Thursday, June 23, 2005

Update on Identity Theft

As would be expected, my post on this subject generated some additional information from people who've experienced this problem. That said, I want to share some of what's come my way:

As a victim of identity theft myself, I can attest to the importance of shredding everything even remotely personal.

I still don't know how someone got my SS#, but they did and opened several accounts in my name (with companies that don't run credit checks) before I found out about it.

One hint I was given (after the fact) was to use my initials as much as possible. "M" could be Mary, or Michael, or Marvin, or....

A common theme regarding this problem, as well as an interesting suggestion that I never considered. First, there are a lot of companies out there that will hand over accounts, be it for a credit card or loan accounts at the drop of a hat. Frankly I think there should be a law against this, but as I mentioned in yesterday's post trying to make this happen has been very difficult
due to resistance from the financial community. Here's the reality: There's someone out there willing to help that someone trying to pass themselves as you by making it easy for that person to take on your identity, so limiting the chances for this to happen are what you're striving for.

I hadn't considered using just my initials, but that's a good point and it's something I'm going to endeavor to do in the future, though often enough when your signature is asked for it comes after your card or something else with your full name is provided to you for your signature.

This one from Pablo at the Roundrock Journal:

Regarding Point #2 above: Whenever I am asked for my social security number, I say that I don't happen to have it memorized. (And since my driver's license uses a state-provided number, the SSN doesn't appear there either.) You'd be surprised how easily this profession of ignorance generally pushes aside the "need" for my SSN. Sometimes I'll then face a befuddled clerk who must call for a supervisor (who always "passes" me without the magic number), but usually, they just proceed with whatever needs doing and the SSN never enters the equation again.

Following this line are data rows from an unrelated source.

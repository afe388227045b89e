-- ===== src/ByteRanges/Tile.antt =====
-- integrations/llama_cpp/kv_byte_ranges.py: the ranges of a block with positive rows tile its bytes.
use solid_attention.Base.{
  ℕ, zero, suc, ◌+◌, ◌*◌, ◌≡◌, refl, true, String, List, ◌==◌, ok, arith, ◌∙◌, ap, sym,
  if◌then◌else◌,
}
use solid_attention.Base.Int.{pos, eqb_ℤ}
use solid_attention.Base.Sort.{sorted_fixed}
use solid_attention.ByteRanges.Range.{
  KvByteRange, Bytes, build_block_ranges, coverage_from, coverage_errors,
}
use solid_attention.ByteRanges.Built.{
  Rows, next_row, no_row, args_of, stride, token_ranges, build_block_ranges-token_ranges,
  token_ranges-IsSorted,
}

eqb_pos : (x y : ℕ) → eqb_ℤ (pos x) (pos y) ≡ (x == y)
eqb_pos x y = ground arith

eq_self : (x : ℕ) → (x == x) ≡ true
eq_self x = ground arith

from_zero : (n : ℕ) → 0 + n ≡ n
from_zero n = omega arith

module _ (sha256 : Bytes → String) (a : Rows) where
  coverage_from-token_ranges :
      (i n : ℕ) (size : ℕ)
      → coverage_from (i * stride a) (token_ranges sha256 a i n) (pos size)
        ≡ (if ((i + n) * stride a) == size then 0 else 1)
  unfolding coverage_from
  coverage_from-token_ranges i zero size =
      let here : i + 0 ≡ i = omega arith in rw (eqb_pos (i * stride a) size, here) refl
  coverage_from-token_ranges i (suc n) size =
      let next : i * stride a + a.key_row + a.value_row ≡ (i + 1) * stride a =
        let row = next_row i (stride a) in omega arith in
      let count : i + 1 + n ≡ i + suc n = omega arith in
      rw (eq_self (i * stride a), eq_self (i * stride a + a.key_row), next, sym count)
        (coverage_from-token_ranges (i + 1) n size)

  -- For positive rows and numbers that are not negative, `_build_block_ranges` returns, and
  -- `_coverage_errors` of its ranges is 0 exactly when the rows of all the tokens together are as
  -- long as the block.
  pub ranges-cover :
      (n size : ℕ)
      → (ranges : List KvByteRange) × (build_block_ranges sha256
            (args_of a)
            (pos (a.start_token + n))
          ≡ ok ranges)
        × (coverage_errors ranges (pos size) ≡ (if (n * stride a) == size then 0 else 1))
  unfolding coverage_errors
  ranges-cover n size = (
    token_ranges sha256 a 0 n,
    build_block_ranges-token_ranges sha256 a n,
    rw (sorted_fixed _ _ (token_ranges-IsSorted sha256 a 0 n)) (
        ap (λ x. coverage_from x (token_ranges sha256 a 0 n) (pos size)) (sym (no_row (stride a)))
        ∙ coverage_from-token_ranges 0 n size
        ∙ ap (λ x. if (x * stride a) == size then 0 else 1) (from_zero n)),
  )
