-- ===== src/Commands/Check.antt =====
-- integrations/llama_cpp/runtime_commands.py: which operations of a plan are commands.
use solid_attention.Base.{
  ◌<◌, ◌≡◌, refl, ◌≢◌, ◌⊎◌, ◌↔◌, inl, inr, String, str_eq, true, false, ok, arith, ◌>>◌, >>-eq-ok,
  >>=-eq-ok, skip_raise, not, not-false, ok_inj, subst, ap, sym, ◌∙◌,
}
use solid_attention.Base.Int.{pos, pos_part, ltb_ℤ, leb_ℤ, signless, sign, above}
use solid_attention.Base.Texts.{str_eq→≡, str_eq_self}
use solid_attention.Commands.{
  PlanOp, LlamaKvCommand, is_command_op, is_storage, check_places, command_from_op,
  command_metadata, command_of,
}

abbrev pub IsStorage : String → Type 0
IsStorage s = (s ≡ "ssd") ⊎ (s ≡ "dram") ⊎ (s ≡ "vram")

-- What an operation may do: compute in VRAM, evict to the SSD, or load from one place to another.
abbrev pub IsMove : String → String → String → Type 0
IsMove op source target =
    ((op ≡ "kv_compute") × (source ≡ "vram") × (target ≡ "vram"))
    ⊎ ((op ≡ "kv_evict") × IsStorage source × (target ≡ "ssd"))
    ⊎ (((op ≡ "kv_load") ⊎ (op ≡ "kv_prefetch"))
        × IsStorage source
        × IsStorage target
        × (source ≢ target))

storage : (s : String) → is_storage s ≡ true → IsStorage s
unfolding is_storage
storage s h = ground (arith, str_eq→≡ s "ssd", str_eq→≡ s "dram", str_eq→≡ s "vram")

storage_back : (s : String) → IsStorage s → is_storage s ≡ true
unfolding is_storage
storage_back s h = ground (arith, str_eq_self s)

-- The tests on the names alone.
record PassesNames (op source target : String) : Type 0 where
  known : is_command_op op ≡ true
  from_storage : is_storage source ≡ true
  to_storage : is_storage target ≡ true
  places : check_places op source target ≡ ok tt

compute_names : (s t : String) → check_places "kv_compute" s t ≡ ok tt → (s ≡ "vram") × (t ≡ "vram")
unfolding check_places
compute_names s t h = ground (arith, str_eq→≡ s "vram", str_eq→≡ t "vram")

evict_names : (s t : String) → check_places "kv_evict" s t ≡ ok tt → t ≡ "ssd"
unfolding check_places
evict_names s t h = ground (arith, str_eq→≡ t "ssd")

still_load : (s : String) → check_places "kv_load" s s ≢ ok tt
unfolding check_places
still_load s h = let same = str_eq_self s in ground arith

still_prefetch : (s : String) → check_places "kv_prefetch" s s ≢ ok tt
unfolding check_places
still_prefetch s h = let same = str_eq_self s in ground arith

load_names :
    (op s t : String)
    → (op ≡ "kv_load") ⊎ (op ≡ "kv_prefetch")
    → check_places op s t ≡ ok tt
    → s ≢ t
load_names op s t (inl k) h e = still_load s ((λ i. check_places (sym k i) s (e i)) ∙ h)
load_names op s t (inr k) h e = still_prefetch s ((λ i. check_places (sym k i) s (e i)) ∙ h)

names-IsMove : (op s t : String) → PassesNames op s t → IsMove op s t
unfolding is_command_op
names-IsMove op s t p = ground (
  arith,
  str_eq→≡ op "kv_compute",
  str_eq→≡ op "kv_evict",
  str_eq→≡ op "kv_load",
  str_eq→≡ op "kv_prefetch",
  storage s p.from_storage,
  storage t p.to_storage,
  compute_names s t,
  evict_names s t,
  load_names op s t,
  p.known,
  p.places,
)

move_names : (op s t : String) → IsMove op s t → PassesNames op s t
unfolding is_command_op is_storage check_places
move_names op s t (inl (k, a, b)) =
    rw (k, a, b) (record { known = refl; from_storage = refl; to_storage = refl; places = refl })
move_names op s t (inr (inl (k, a, b))) =
    rw (k, b)
      (record { known = refl; from_storage = storage_back s a; to_storage = refl; places = refl })
move_names op s t (inr (inr (k, a, b, n))) =
    let other = str_eq→≡ s t in
    let moved : str_eq s t ≡ false = ground arith in
    elim k [
      | inl load ↦ rw load (record {
        known = refl;
        from_storage = storage_back s a;
        to_storage = storage_back t b;
        places = unfold check_places in rw moved refl;
      })
      | inr prefetch ↦ rw prefetch (record {
        known = refl;
        from_storage = storage_back s a;
        to_storage = storage_back t b;
        places = unfold check_places in rw moved refl;
      })
    ]

-- The command stands for the operation, and is one that may run.
pub record IsCommandOf {Fl : Type 0} (o : PlanOp Fl) (c : LlamaKvCommand Fl) : Type 0 where
  pub op : o.op ≡ c.op
  pub layer_id : o.layer_id ≡ pos c.layer_id
  pub block_id : o.block_id ≡ pos c.block_id
  pub start_token : o.start_token ≡ pos c.start_token
  pub end_token : o.end_token ≡ pos c.end_token
  pub size_bytes : o.size_bytes ≡ pos c.size_bytes
  pub source : o.source ≡ c.source
  pub target : o.target ≡ c.target
  pub ssd_offset : o.ssd_offset ≡ pos c.ssd_offset
  pub blocking : o.blocking ≡ c.blocking
  pub metadata : command_metadata o ≡ c.metadata
  pub moves : IsMove c.op c.source c.target
  pub tokens : c.start_token < c.end_token
  pub bytes : 0 < c.size_bytes

module _ {Fl : Type 0} (o : PlanOp Fl) (c : LlamaKvCommand Fl) where
  accepted : command_from_op o ≡ ok c → IsCommandOf o c
  unfolding command_from_op
  accepted h0 =
      let (known, h1) = >>-eq-ok (not (is_command_op o.op)) _ _ h0 in
      let (layer_id, h2) = >>-eq-ok (ltb_ℤ o.layer_id (pos 0)) _ _ h1 in
      let (block_id, h3) = >>-eq-ok (ltb_ℤ o.block_id (pos 0)) _ _ h2 in
      let (start, h4) = >>-eq-ok (ltb_ℤ o.start_token (pos 0)) _ _ h3 in
      let (tokens, h5) = >>-eq-ok (leb_ℤ o.end_token o.start_token) _ _ h4 in
      let (bytes, h6) = >>-eq-ok (leb_ℤ o.size_bytes (pos 0)) _ _ h5 in
      let (from_storage, h7) = >>-eq-ok (not (is_storage o.source)) _ _ h6 in
      let (to_storage, h8) = >>-eq-ok (not (is_storage o.target)) _ _ h7 in
      let (offset, h9) = >>-eq-ok (ltb_ℤ o.ssd_offset (pos 0)) _ _ h8 in
      let (_, places, made) = >>=-eq-ok (check_places o.op o.source o.target) _ h9 in
      let size = above o.size_bytes (pos 0) refl bytes in
      let e = above o.end_token o.start_token start tokens in
      let p : PassesNames o.op o.source o.target = record {
        known = not-false known;
        from_storage = not-false from_storage;
        to_storage = not-false to_storage;
        places = places;
      } in
      subst (IsCommandOf o) (ok_inj made) (record {
        op = refl;
        layer_id = sign o.layer_id layer_id;
        block_id = sign o.block_id block_id;
        start_token = sign o.start_token start;
        end_token = e.0;
        size_bytes = size.0;
        source = refl;
        target = refl;
        ssd_offset = sign o.ssd_offset offset;
        blocking = refl;
        metadata = refl;
        moves = names-IsMove o.op o.source o.target p;
        tokens = e.1;
        bytes = size.1;
      })

  accepts : IsCommandOf o c → command_from_op o ≡ ok c
  unfolding command_from_op
  accepts d =
      let p = move_names c.op c.source c.target d.moves in
      let known : is_command_op o.op ≡ true = rw (d.op) p.known in
      let from_storage : is_storage o.source ≡ true = rw (d.source) p.from_storage in
      let to_storage : is_storage o.target ≡ true = rw (d.target) p.to_storage in
      let places : check_places o.op o.source o.target ≡ ok tt =
        rw (d.op, d.source, d.target) p.places in
      let layer_id : ltb_ℤ o.layer_id (pos 0) ≡ false = rw d.layer_id (signless c.layer_id) in
      let block_id : ltb_ℤ o.block_id (pos 0) ≡ false = rw d.block_id (signless c.block_id) in
      let start : ltb_ℤ o.start_token (pos 0) ≡ false = rw d.start_token (signless c.start_token) in
      let tokens : leb_ℤ o.end_token o.start_token ≡ false =
        rw (d.end_token, d.start_token) (let h = d.tokens in ground arith) in
      let bytes : leb_ℤ o.size_bytes (pos 0) ≡ false =
        rw d.size_bytes (let h = d.bytes in ground arith) in
      let offset : ltb_ℤ o.ssd_offset (pos 0) ≡ false = rw d.ssd_offset (signless c.ssd_offset) in
      let made : command_of o ≡ c = λ i. record {
        op = d.op i;
        layer_id = pos_part (d.layer_id i);
        block_id = pos_part (d.block_id i);
        start_token = pos_part (d.start_token i);
        end_token = pos_part (d.end_token i);
        size_bytes = pos_part (d.size_bytes i);
        source = d.source i;
        target = d.target i;
        ssd_offset = pos_part (d.ssd_offset i);
        blocking = d.blocking i;
        metadata = d.metadata i;
      } in
      skip_raise _ _ (ap not known)
      ∙ skip_raise _ _ layer_id
      ∙ skip_raise _ _ block_id
      ∙ skip_raise _ _ start
      ∙ skip_raise _ _ tokens
      ∙ skip_raise _ _ bytes
      ∙ skip_raise _ _ (ap not from_storage)
      ∙ skip_raise _ _ (ap not to_storage)
      ∙ skip_raise _ _ offset
      ∙ ap (λ r. r >> ok (command_of o)) places
      ∙ ap ok made

  -- An operation of a plan becomes the command `c` exactly when its numbers are those of `c` and
  -- not negative, `c` covers at least one token and one byte, and its name and places are a
  -- compute in VRAM, an eviction to the SSD, or a load or prefetch between two different places.
  pub command_from_op_iff : (command_from_op o ≡ ok c) ↔ IsCommandOf o c
  command_from_op_iff = (accepted, accepts)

This is an interesting methodology, though it entails your having to lie (well, some of us do indeed have a hard time remembering our SSNs, though I'd guess that this is not normally the case.) If you're willing to suffer a white lie and then deal with the potential consequences, which could be not getting the services you're looking for, then this is for you. In Pablo's experience it would seem that there's little to suffer, and it makes me wonder exactly how important is our SSN to those asking for it? Businesses seem to be able manage to work around not having a social security number, so why should they "require" it? Given that it's not that important to them or that they can otherwise come up with a way of getting around not having it, I have to wonder what would occur were one to simply say, "I prefer to not provide my social security number." My guess is that often enough the SSN is used simply because it's the simplest identifying number you have available to you, and the business in question doesn't have to go to the trouble of devising something independent that would cause them potential trouble or expense if instead they simply use your SSN.

And lastly, from my friend Hedwig, we're given a biodegradable way of attending to those pesky pieces of paper with personal information on them that you don't want to get out to identity thieves:

Regarding point 3: if you cannot afford a shredder, buy a few gerbils. They make the best (cheapest) paper shredders you'll ever have (without depending upon electricity), and they are fun pets too! I "fed" all the drafts of my dissertation to my office gerbils, and they happily shredded it within hours, and they peed and pooped on the tiny paper remains, too!

But she provides a caveat to this post in a follow-on comment after another reader expressed enthusiasm (Botanical Girl) about employing gerbils:

One thing to remember about gerbils .. unlike a paper shredder, which will stop shredding your couch when unplugged, gerbils are not similarly controllable.

There is ancient philosophy somewhere in that comment. "Confucius say ... "

In this case, I think it's time for Confucius to say it's time to move onto another subject, James.


Blogger she falters to rise said...

My husband recently had his identity stolen. We found out because one of the credit cards the thief signed up for got sent to our house (dumb criminals are the worst). The thief was a guy from the place where we bought our cell phones. He had all of our info from the credit report that they are supposed to dispose of after your credit is approved. Yep, right there for the pickin'.

5:21 PM  
Anonymous pablo said...

After reading the earlier post, I promptly pursued my FREE credit reports. I'm happy to say that everything looks fine for me for now. Since the report is keyed to my SSN, and since all of the accounts reported on are shared with my wife, it may be that she can request her FREE credit reports in about six months. That way we may be able to get our status more frequently than yearly. At least, I hope it works that way.

3:43 PM  
Blogger James said...

Pablo: Actually that should work, i.e. your wife is also entitled to her free report and if most of your accounts are shared, bingo! You had the double for free --- gotta love it!